Dataset entries
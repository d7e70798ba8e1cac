-- ===== src/Marshal/Put/Encode.antt =====
-- RFC4506 as a specification: which values belong to a type, and the bytes that stand for them.
-- Nothing here mentions buffers, byte orders of machines, or the order of the program's checks.
use xdrpp.Common.{
  ℕ, zero, suc, ◌%◌, ◌^◌, ◌≤◌, ◌<◌, ◌≡◌, refl, arith, true, Option, none, some, List, [], ◌∷◌, ◌++◌,
  length, length-append,
}
use xdrpp.Types.{
  Ty, boolean, enumeration, xarray, xvector, pointer, named, Kind, word, dword, nested, fixed_bytes,
  variable_bytes, kind, Val, num, bytes, seq, choice, Vals, nil, cons, size, UnionField, Class,
  struct, union, Schema, with_mem_ptr, contains,
}
use xdrpp.Marshal.Words.{be32, be64}
use xdrpp.Marshal.Bytes.{padded, length-padded}

-- The numbers of a type of 32 bits.
abbrev pub InRange : Ty → ℕ → Type 0
InRange boolean u = u < 2
InRange (enumeration tags true) u = contains tags u ≡ true
InRange _ u = Unit

abbrev pub AllFit : (Val → Type 0) → Vals → Type 0
AllFit P nil = Unit
AllFit P (cons v vs) = P v × AllFit P vs

abbrev pub FieldsFit : (Ty → Val → Type 0) → List Ty → Vals → Type 0
FieldsFit P [] nil = Unit
FieldsFit P (t ∷ ts) (cons v vs) = P t v × FieldsFit P ts vs
FieldsFit P _ _ = ⊥

abbrev pub FieldFits : (Ty → Val → Type 0) → Option Ty → Vals → Type 0
FieldFits P none nil = Unit
FieldFits P (some t) (cons v nil) = P t v
FieldFits P _ _ = ⊥

abbrev pub ActiveFits : (Ty → Val → Type 0) → Option UnionField → Vals → Type 0
ActiveFits P none vs = ⊥
ActiveFits P (some f) vs = FieldFits P f.decl vs

abbrev pub ClassFits : (Ty → Val → Type 0) → Class → Val → Type 0
ClassFits P (struct ts) (seq vs) = FieldsFit P ts vs
ClassFits P (union tag fs) (choice d vs) =
    (kind tag ≡ word) × (d < 2 ^ 32) × InRange tag d × ActiveFits P (with_mem_ptr fs d) vs
ClassFits P _ v = ⊥

abbrev pub KindFits : (Ty → Val → Type 0) → Kind → Ty → Val → Type 0
KindFits P word t (num u) = (u < 2 ^ 32) × InRange t u
KindFits P dword t (num u) = u < 2 ^ 64
KindFits P (fixed_bytes n) t (bytes bs) = (length bs ≡ n) × (n < 2 ^ 32)
KindFits P (variable_bytes n) t (bytes bs) = (length bs ≤ n) × (n < 2 ^ 32)
KindFits P nested t v = P t v
KindFits P _ t v = ⊥

module _ (s : Schema) where
  abbrev pub NestedFits : (Ty → Val → Type 0) → Ty → Val → Type 0
  NestedFits P (xarray t n) (seq vs) = (size vs ≡ n) × (n < 2 ^ 32) × AllFit (P t) vs
  NestedFits P (xvector t n) (seq vs) = (size vs ≤ n) × (n < 2 ^ 32) × AllFit (P t) vs
  NestedFits P (pointer t) (seq vs) = (size vs ≤ 1) × AllFit (P t) vs
  NestedFits P (named k) v = (s.validate k v ≡ true) × ClassFits P (s.classes k) v
  NestedFits P _ v = ⊥

  -- `v` is a value of the type, within its bounds, with at most `limit` classes and containers
  -- inside one another.
  unfoldable pub Fits : ℕ → Ty → Val → Type 0
  Fits zero t v = KindFits (λ t v. ⊥) (kind t) t v
  Fits (suc limit) t v = KindFits (NestedFits (Fits limit)) (kind t) t v

abbrev pub encode_elems : (Val → List ℕ) → Vals → List ℕ
encode_elems enc nil = []
encode_elems enc (cons v vs) = enc v ++ encode_elems enc vs

abbrev pub encode_fields : (Ty → Val → List ℕ) → List Ty → Vals → List ℕ
encode_fields enc (t ∷ ts) (cons v vs) = enc t v ++ encode_fields enc ts vs
encode_fields enc _ _ = []

abbrev pub encode_field : (Ty → Val → List ℕ) → Option Ty → Vals → List ℕ
encode_field enc (some t) (cons v nil) = enc t v
encode_field enc _ _ = []

abbrev pub encode_active : (Ty → Val → List ℕ) → Option UnionField → Vals → List ℕ
encode_active enc none vs = []
encode_active enc (some f) vs = encode_field enc f.decl vs

abbrev pub encode_class : (Ty → Val → List ℕ) → Class → Val → List ℕ
encode_class enc (struct ts) (seq vs) = encode_fields enc ts vs
encode_class enc (union tag fs) (choice d vs) = be32 d ++ encode_active enc (with_mem_ptr fs d) vs
encode_class enc _ v = []

abbrev pub encode_kind : (Ty → Val → List ℕ) → Kind → Ty → Val → List ℕ
encode_kind enc word t (num u) = be32 u
encode_kind enc dword t (num u) = be64 u
encode_kind enc (fixed_bytes n) t (bytes bs) = padded bs
encode_kind enc (variable_bytes n) t (bytes bs) = be32 (length bs) ++ padded bs
encode_kind enc nested t v = enc t v
encode_kind enc _ t v = []

module _ (s : Schema) where
  abbrev pub encode_nested : (Ty → Val → List ℕ) → Ty → Val → List ℕ
  encode_nested enc (xarray t n) (seq vs) = encode_elems (enc t) vs
  encode_nested enc (xvector t n) (seq vs) = be32 (size vs) ++ encode_elems (enc t) vs
  encode_nested enc (pointer t) (seq vs) = be32 (size vs) ++ encode_elems (enc t) vs
  encode_nested enc (named k) v = encode_class enc (s.classes k) v
  encode_nested enc _ v = []

  -- The bytes that stand for a value, for values with at most `limit` levels of nesting.
  unfoldable pub encode : ℕ → Ty → Val → List ℕ
  encode zero t v = encode_kind (λ t v. []) (kind t) t v
  encode (suc limit) t v = encode_kind (encode_nested (encode limit)) (kind t) t v

-- Every encoding is a whole number of words.
abbrev pub IsWhole : List ℕ → Type 0
IsWhole bs = length bs % 4 ≡ 0

be32-IsWhole : (u : ℕ) → IsWhole (be32 u)
unfolding be32
be32-IsWhole u = refl

pub append-IsWhole : (xs ys : List ℕ) → IsWhole xs → IsWhole ys → IsWhole (xs ++ ys)
append-IsWhole xs ys hx hy = omega (arith, length-append xs ys)

padded-IsWhole : (bs : List ℕ) → IsWhole (padded bs)
padded-IsWhole bs = omega (arith, length-padded bs)

module _ (enc : Ty → Val → List ℕ) (whole : (t : Ty) (v : Val) → IsWhole (enc t v)) where
  elems-IsWhole : (t : Ty) (vs : Vals) → IsWhole (encode_elems (enc t) vs)
  elems-IsWhole t nil = refl
  elems-IsWhole t (cons v vs) = append-IsWhole (enc t v) _ (whole t v) (elems-IsWhole t vs)

  fields-IsWhole : (ts : List Ty) (vs : Vals) → IsWhole (encode_fields enc ts vs)
  fields-IsWhole [] vs = refl
  fields-IsWhole (t ∷ ts) nil = refl
  fields-IsWhole (t ∷ ts) (cons v vs) =
      append-IsWhole (enc t v) _ (whole t v) (fields-IsWhole ts vs)

  field-IsWhole : (decl : Option Ty) (vs : Vals) → IsWhole (encode_field enc decl vs)
  field-IsWhole none vs = refl
  field-IsWhole (some t) nil = refl
  field-IsWhole (some t) (cons v nil) = whole t v
  field-IsWhole (some t) (cons v (cons w vs)) = refl

  active-IsWhole : (o : Option UnionField) (vs : Vals) → IsWhole (encode_active enc o vs)
  active-IsWhole none vs = refl
  active-IsWhole (some f) vs = field-IsWhole f.decl vs

  class-IsWhole : (c : Class) (v : Val) → IsWhole (encode_class enc c v)
  class-IsWhole (struct ts) (seq vs) = fields-IsWhole ts vs
  class-IsWhole (union tag fs) (choice d vs) =
      append-IsWhole (be32 d) _ (be32-IsWhole d) (active-IsWhole (with_mem_ptr fs d) vs)
  class-IsWhole _ _ = refl

  kind-IsWhole : (k : Kind) (t : Ty) (v : Val) → IsWhole (encode_kind enc k t v)
  unfolding be64
  kind-IsWhole word t (num u) = be32-IsWhole u
  kind-IsWhole dword t (num u) = refl
  kind-IsWhole (fixed_bytes n) t (bytes bs) = padded-IsWhole bs
  kind-IsWhole (variable_bytes n) t (bytes bs) =
      append-IsWhole (be32 (length bs)) _ (be32-IsWhole (length bs)) (padded-IsWhole bs)
  kind-IsWhole nested t v = whole t v
  kind-IsWhole _ _ _ = refl

module _ (s : Schema) (enc : Ty → Val → List ℕ)
    (whole : (t : Ty) (v : Val) → IsWhole (enc t v)) where
  nested-IsWhole : (t : Ty) (v : Val) → IsWhole (encode_nested s enc t v)
  nested-IsWhole (xarray t n) (seq vs) = elems-IsWhole enc whole t vs
  nested-IsWhole (xvector t n) (seq vs) =
      append-IsWhole (be32 (size vs)) _ (be32-IsWhole (size vs)) (elems-IsWhole enc whole t vs)
  nested-IsWhole (pointer t) (seq vs) =
      append-IsWhole (be32 (size vs)) _ (be32-IsWhole (size vs)) (elems-IsWhole enc whole t vs)
  nested-IsWhole (named k) v = class-IsWhole enc whole (s.classes k) v
  nested-IsWhole _ _ = refl

pub encode-IsWhole : (s : Schema) (limit : ℕ) (t : Ty) (v : Val) → IsWhole (encode s limit t v)
unfolding encode
encode-IsWhole s zero t v = kind-IsWhole (λ t v. []) (λ t v. refl) (kind t) t v
encode-IsWhole s (suc limit) t v =
    kind-IsWhole (encode_nested s (encode s limit))
      (nested-IsWhole s (encode s limit) (encode-IsWhole s limit)) (kind t) t v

• _THE TASK_: Transcribe the records above from the line holding "module _ (s : Schema) (enc" down to the line holding "nested-IsWhole (xvector t", inclusive, without adding anything.

• _OUTPUT FOR THIS TASK_:
module _ (s : Schema) (enc : Ty → Val → List ℕ)
    (whole : (t : Ty) (v : Val) → IsWhole (enc t v)) where
  nested-IsWhole : (t : Ty) (v : Val) → IsWhole (encode_nested s enc t v)
  nested-IsWhole (xarray t n) (seq vs) = elems-IsWhole enc whole t vs
  nested-IsWhole (xvector t n) (seq vs) =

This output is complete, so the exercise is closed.